Über die Primideale differenzierbarer und integrierbarer Funktionen. (On the prime ideals of differentiable and integrable functions) (Q5966435)

A commutative ring R is called a pc-ring if all prime ideals of R containing a given prime ideal form a chain under inclusion. If R has a unit and every prime ideal contains a unique minimal prime ideal then R is a mp-ring.

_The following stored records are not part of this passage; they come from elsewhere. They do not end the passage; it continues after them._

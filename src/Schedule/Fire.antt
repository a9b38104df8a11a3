-- ===== src/Schedule/Fire.antt =====
-- apps/gateway/src/cron_channel.ts: `fire`, the request that it hands to the gateway, and the ticks of the timers.
-- `truncate` is `truncateMetadata`, and `answer` what the content provider gives, if there is one.
use blue_tanuki.Base.{
  ℕ, ◌+◌, String, ◌&&◌, Option, some, [], ◌∷◌, or_else, if◌then◌else◌, Result, ok, thrown,
}
use blue_tanuki.Base.Text.{◌<>◌}
use blue_tanuki.Base.Dict.{Dict, get, put}
use blue_tanuki.Base.Json.{Json}
use blue_tanuki.Process.Types.{InboundRequest}
use blue_tanuki.Schedule.Types.{TaskName, TaskOrigin, NormalizedTask, CronRuntime, CronScheduler}
use blue_tanuki.Schedule.Args.{cron_payload_hash}
use blue_tanuki.Schedule.Cron.{LocalClock, require_trimmed, schedule_next_daily}

pub data ProviderAnswer : Type 0 where
  no_provider nothing : ProviderAnswer
  text : String → ProviderAnswer
  result : (content : String) → (metadata : Option (Dict String)) → ProviderAnswer
  failed : (message : String) → ProviderAnswer

pub record ResolvedContent : Type 0 where
  pub content : String
  pub metadata : Dict String

abbrev pub content_source : String
content_source = "blue_tanuki.cron.content_source"

-- `{ ...a, ...b }`
unfoldable pub spread {ℓ} : {V : Type ℓ} → Dict V → Dict V → Dict V
spread a [] = a
spread a ((k, v) ∷ b) = spread (put a k v) b

abbrev pub task_label : TaskName → String
task_label TaskName.daily_brief = "Daily Brief"
task_label TaskName.scheduled_message = "Scheduled message"

abbrev pub origin_name : TaskOrigin → String
origin_name TaskOrigin.boot = "boot"
origin_name TaskOrigin.runtime = "runtime"

abbrev pub static_content : NormalizedTask → ResolvedContent
static_content task = record { content = task.content; metadata = (content_source, "static") ∷ [] }

module _ (truncate : String → String) where
  abbrev pub provider_failed : NormalizedTask → String → ResolvedContent
  provider_failed task message = record {
    content =
        task_label task.name
        <> ": source unavailable; reason="
        <> truncate message
        <> "; mutation_sent=false; safe_to_ignore=false";
    metadata = (content_source, "provider_error") ∷ [];
  }

  abbrev pub dynamic_content : NormalizedTask → Dict String → Result String String → ResolvedContent
  dynamic_content task extra (ok content) = record {
    content = content;
    metadata = spread ((content_source, "dynamic") ∷ []) extra;
  }
  dynamic_content task extra (thrown e) = provider_failed task e

  unfoldable pub resolve_content : NormalizedTask → ProviderAnswer → ResolvedContent
  resolve_content task ProviderAnswer.no_provider = static_content task
  resolve_content task ProviderAnswer.nothing = static_content task
  resolve_content task (ProviderAnswer.text s) =
      dynamic_content task [] (require_trimmed s ("cron task " <> task.id <> " resolved content"))
  resolve_content task (ProviderAnswer.result s extra) =
      dynamic_content task (or_else extra [])
        (require_trimmed s ("cron task " <> task.id <> " resolved content"))
  resolve_content task (ProviderAnswer.failed message) = provider_failed task message

abbrev pub as_texts : Dict String → Dict Json
as_texts [] = []
as_texts ((k, v) ∷ m) = (k, Json.str v) ∷ as_texts m

abbrev pub own_metadata : NormalizedTask → ResolvedContent → String → Dict Json
own_metadata task resolved hash =
    ("blue_tanuki.authority_context", Json.str "gateway_internal_v1")
    ∷ ("blue_tanuki.actor_kind", Json.str "cron")
    ∷ ("blue_tanuki.trust_level", Json.str "trusted")
    ∷ ("blue_tanuki.process_kind", Json.str "cron")
    ∷ ("blue_tanuki.cron.task_id", Json.str task.id)
    ∷ ("blue_tanuki.cron.origin", Json.str (origin_name task.origin))
    ∷ ("blue_tanuki.cron.payload_hash", Json.str hash)
    ∷ (content_source, Json.str (or_else (get resolved.metadata content_source) "static"))
    ∷ ("blue_tanuki.channel_send.channel", Json.str task.channel)
    ∷ ("blue_tanuki.channel_send.target", Json.str task.target)
    ∷ ("blue_tanuki.channel_send.content", Json.str resolved.content)
    ∷ []

abbrev pub cron_metadata : NormalizedTask → ResolvedContent → String → Dict Json
cron_metadata task resolved hash =
    spread (own_metadata task resolved hash) (as_texts resolved.metadata)

-- `id` is a random UUID; the runtime remembers when it fired.
unfoldable pub fire :
    (String → String → String → String → Option ℕ → String)
    → (String → String)
    → CronRuntime
    → ProviderAnswer
    → String
    → ℕ
    → InboundRequest × CronRuntime
fire digest truncate r answer id now =
    let resolved = resolve_content truncate r.task answer in
    let hash =
      cron_payload_hash digest r.task.channel r.task.target resolved.content (some r.task.time)
        r.task.interval_ms in
    (
      record {
        id = id;
        channel = "cron";
        user = "blue-tanuki-cron";
        content = resolved.content;
        timestamp = now;
        metadata = some (cron_metadata r.task resolved hash);
      },
      record r { last_fire_at_ms = some now },
    )

-- the tick of an interval, before it fires
abbrev pub interval_tick : CronRuntime → ℕ → ℕ → CronRuntime
interval_tick r interval_ms now = record r { next_fire_at_ms = some (now + interval_ms) }

-- once a daily task has fired
unfoldable pub daily_fired :
    LocalClock → CronScheduler → CronRuntime → ℕ → Result String CronRuntime
daily_fired local c r now =
    if c.started && r.task.enabled then schedule_next_daily local r now else ok r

These are the main results of the paper: (1) All rings \(C^ k({\mathbb{R}}^ n)\) of those real-valued mappings on \({\mathbb{R}}^ n\) which possess continuous partial derivates of order \(\leq k\) satisfy the pc-condition. (2) For all \(n\geq 2\), the ring \(C^{\infty}({\mathbb{R}}^ n):=\cap_{k}C^ k({\mathbb{R}}^ n)\) fails to be a pc-ring (here the case \(n=1\) remains open). (3) Let (X,\({\mathcal B},\mu)\) be a measure space and R(\(\mu)\) the ring of all bounded and (with respect to \(\mu)\) integrable functions \(f:X\to {\mathbb{R}}.\) R(\(\mu)\) is a pc-ring. If \(\mu (X)<\infty\) then R(\(\mu)\) has the mp-property too. (4) The ring R(Q) of all Riemann-integrable functions \(f:Q\to {\mathbb{R}}\) on a closed cube \(Q\subseteq {\mathbb{R}}^ n\) is a pc-ring but not an mp-ring.